# Installare gentoo su hard disk esterno (USB 2.0) si puo?

## Anthony55789

Come da titolo volevo sapere se fosse possibile usare un hard disk esterno che possiedo cioe un 160GB collegato tramite USB 2.0.

Volevo sapere se è possibile installarlo e quali sono le accortezze d'avere durante la compilazione del kernel per aggiungere il supporto al hard disk esterno e devo modificare qualcos'altro oltre al kernel tipo il bootloader per far avviare questo tipo di periferica  :Very Happy: .

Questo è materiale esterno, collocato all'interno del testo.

-- ===== src/Portal/Approvals/Written.antt =====
-- The account that an approval of portal_server/orders.go writes is in the file.
use mathlib.Core.Path.{subst}
use textile_erp_cloud.Base.{
  ◌≡◌, refl, sym, inl, inr, Bool, true, false, ◌||◌, List, [], ◌∷◌, ◌++◌, Bool-cases, find,
  update_first, is_some,
}
use textile_erp_cloud.Base.Int.{ℤ, pos, ltb_ℤ, beq_ℤ, beq_ℤ_iff}
use textile_erp_cloud.Base.Result.{Result, ok, err, Yields-ok, ok-same}
use textile_erp_cloud.Base.Text.{Text, trim_space}
use textile_erp_cloud.Portal.Access.{Access}
use textile_erp_cloud.Portal.Managed.{
  stored, create_access, create_managed, update_access, update_managed,
}
use textile_erp_cloud.Portal.Terms.{Spec}
use textile_erp_cloud.Portal.Managed.Sound.{create_access-HasNextId, update_access-HasOldId}
use textile_erp_cloud.Portal.Orders.{Order, approved}
use textile_erp_cloud.Portal.Services.{AccessError, Services, Draws}
use textile_erp_cloud.Portal.Store.{Row, read_accesses, write_accesses, has_id, any}
use textile_erp_cloud.Portal.Store.Hits.{written_id-found}
use textile_erp_cloud.Portal.Store.Kept.{next_id-IsCounted}
use textile_erp_cloud.Portal.Approvals.{is_account_of, find_account}
use textile_erp_cloud.Portal.Approvals.Saves.{stamped}

-- The order as it is saved with an account.
abbrev pub closed : Text → Order → Access → ℤ → Order
closed admin_note o a company = record o {
  status = approved;
  access_id = a.id;
  financial_company_id = company;
  admin_note = trim_space admin_note;
}

pub by_number :
    (n : Order)
    → ltb_ℤ (pos 0) n.access_id ≡ true
    → (x : Access) → x.id ≡ n.access_id
    → is_account_of n x ≡ true
by_number n h x e =
    let own : beq_ℤ x.id n.access_id ≡ true = (beq_ℤ_iff x.id n.access_id).1 e in rw (h, own) refl

-- The account that a call has written is found.
pub written_account :
    (now : ℤ) (admin_note : Text) (o : Order) (a : Access) (company : ℤ) (items : List Access)
    → ltb_ℤ (pos 0) a.id ≡ true
    → any (has_id a.id) items ≡ true
    → is_some (find_account (stamped now (closed admin_note o a company)) (write_accesses items))
      ≡ true
unfolding find_account
written_account now admin_note o a company items c h =
    let n = stamped now (closed admin_note o a company) in
    written_id-found (is_account_of n) a.id items (by_number n c) h

last_any : (a : Access) (items : List Access) → any (has_id a.id) (items ++ (a ∷ [])) ≡ true
last_any a [] = let own : beq_ℤ a.id a.id ≡ true = (beq_ℤ_iff a.id a.id).1 refl in rw own refl
last_any a (x ∷ more) = or_last (has_id a.id x) (last_any a more)
  where
    or_last : (b : Bool) {c : Bool} → c ≡ true → (b || c) ≡ true
    or_last true h = refl
    or_last false h = h

put_any :
    (a : Access) (items : List Access)
    → is_some (find (has_id a.id) items) ≡ true
    → any (has_id a.id) (update_first (has_id a.id) (λ _. a) items) ≡ true
put_any a [] h = absurd (cc)
put_any a (x ∷ more) h = elim (Bool-cases (has_id a.id x)) [
  | inl hit ↦
      let own : beq_ℤ a.id a.id ≡ true = (beq_ℤ_iff a.id a.id).1 refl in rw hit (rw own refl)
  | inr miss ↦ rw miss (rw miss (put_any a more (rw miss at h)))
]

-- What a call that makes or changes an account leaves, where it succeeds.
abbrev pub HasWritten : Result AccessError (Access × Text) × List Row → Type 0
HasWritten r =
    (a : Access) (shown : Text)
    → r.0 ≡ ok (a, shown)
    → (items : List Access) × (r.1 ≡ write_accesses items)
      × (ltb_ℤ (pos 0) a.id ≡ true)
      × (any (has_id a.id) items ≡ true)

stored-HasWritten :
    (file : List Row) (f : Access × Text → List Access) (r : Result AccessError (Access × Text))
    → ((x : Access × Text)
        → r ≡ ok x
        → (ltb_ℤ (pos 0) x.0.id ≡ true) × (any (has_id x.0.id) (f x) ≡ true))
    → HasWritten (stored file f r)
stored-HasWritten file f (err e) h a shown k = absurd (cc)
stored-HasWritten file f (ok x) h a shown k =
    let same : x ≡ (a, shown) = ok-same k in
    let (c, hit) =
      subst
        (λ (y : Access × Text). (ltb_ℤ (pos 0) y.0.id ≡ true) × (any (has_id y.0.id) (f x) ≡ true))
        same (h x refl) in
    (f x, refl, c, hit)

pub create_managed-HasWritten :
    (sv : Services) (now : ℤ) (dr : Draws) (raw : Spec) (file : List Row)
    → HasWritten (create_managed sv now dr raw file)
unfolding create_managed
create_managed-HasWritten sv now dr raw file =
    stored-HasWritten file (λ r. read_accesses file ++ (r.0 ∷ []))
      (create_access sv now dr raw (read_accesses file))
      λ x e.
        let i = Yields-ok (create_access-HasNextId sv now dr raw (read_accesses file)) e in
        (rw i (next_id-IsCounted (read_accesses file)), last_any x.0 (read_accesses file))

pub update_managed-HasWritten :
    (sv : Services) (now : ℤ) (dr : Draws) (id : ℤ) (raw : Spec) (file : List Row)
    → ltb_ℤ (pos 0) id ≡ true
    → HasWritten (update_managed sv now dr id raw file)
unfolding update_managed
update_managed-HasWritten sv now dr id raw file c =
    stored-HasWritten file (λ r. update_first (has_id id) (λ _. r.0) (read_accesses file))
      (update_access sv now dr id raw (read_accesses file))
      λ x e.
        let (own, hit) =
          Yields-ok (update_access-HasOldId sv now dr id raw (read_accesses file)) e in
        (rw own c, put_at x.0 id (read_accesses file) own hit)
  where
    put_at :
        (a : Access) (id : ℤ) (items : List Access)
        → a.id ≡ id
        → is_some (find (has_id id) items) ≡ true
        → any (has_id a.id) (update_first (has_id id) (λ _. a) items) ≡ true
    put_at a id items e h =
        subst (λ i. any (has_id a.id) (update_first (has_id i) (λ _. a) items) ≡ true) e
          (put_any a items (subst (λ i. is_some (find (has_id i) items) ≡ true) (sym e) h))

Nota:Ho notato che quando avviavo un livedvd nel log al avvio mi segnava alcuni errori relativi nei blocchi logici del hard disk /dev/sdb in raid con l'hard disk /dev/sda probabilmente l'errore è dovuto al raid cmq ci sta un modo per risolvere questo problema.

Buon natale a tutti!

----------

## federico

 *Anthony55789 wrote:*   

> Volevo sapere se è possibile installarlo e quali sono le accortezze d'avere durante la compilazione del kernel per aggiungere il supporto al hard disk esterno e devo modificare qualcos'altro oltre al kernel tipo il bootloader per far avviare questo tipo di periferica .
> 
> 

 

Assicurati di attivare il supporto per hotplug e per i dischi esterni usb, e' tutto quello che ti serve. Potrebbe essere un po' un problema far rilevare questo disco prima che venga caricato fstab, devi vedere tu li, eventualmente un escamotage potrebbe essere una /boot da pochi mega su un disco fisso prima di attivare il disco esterno.

 *Anthony55789 wrote:*   

> 
> 
> errori relativi nei blocchi logici del hard disk /dev/sdb in raid con l'hard disk /dev/sda probabilmente l'errore è dovuto al raid cmq ci sta un modo per risolvere questo problema.

 

okey..

----------

## Ferdinando

Potrebbe essere utile dare un'occhiata a FlashLinux, un progetto per una "live key" usb: utilizza un initrd per montare il disco usb prima di cercare fstab, così non richiede di preinstallare software su un altro hard disk, e puoi farlo partire da qualunque pc.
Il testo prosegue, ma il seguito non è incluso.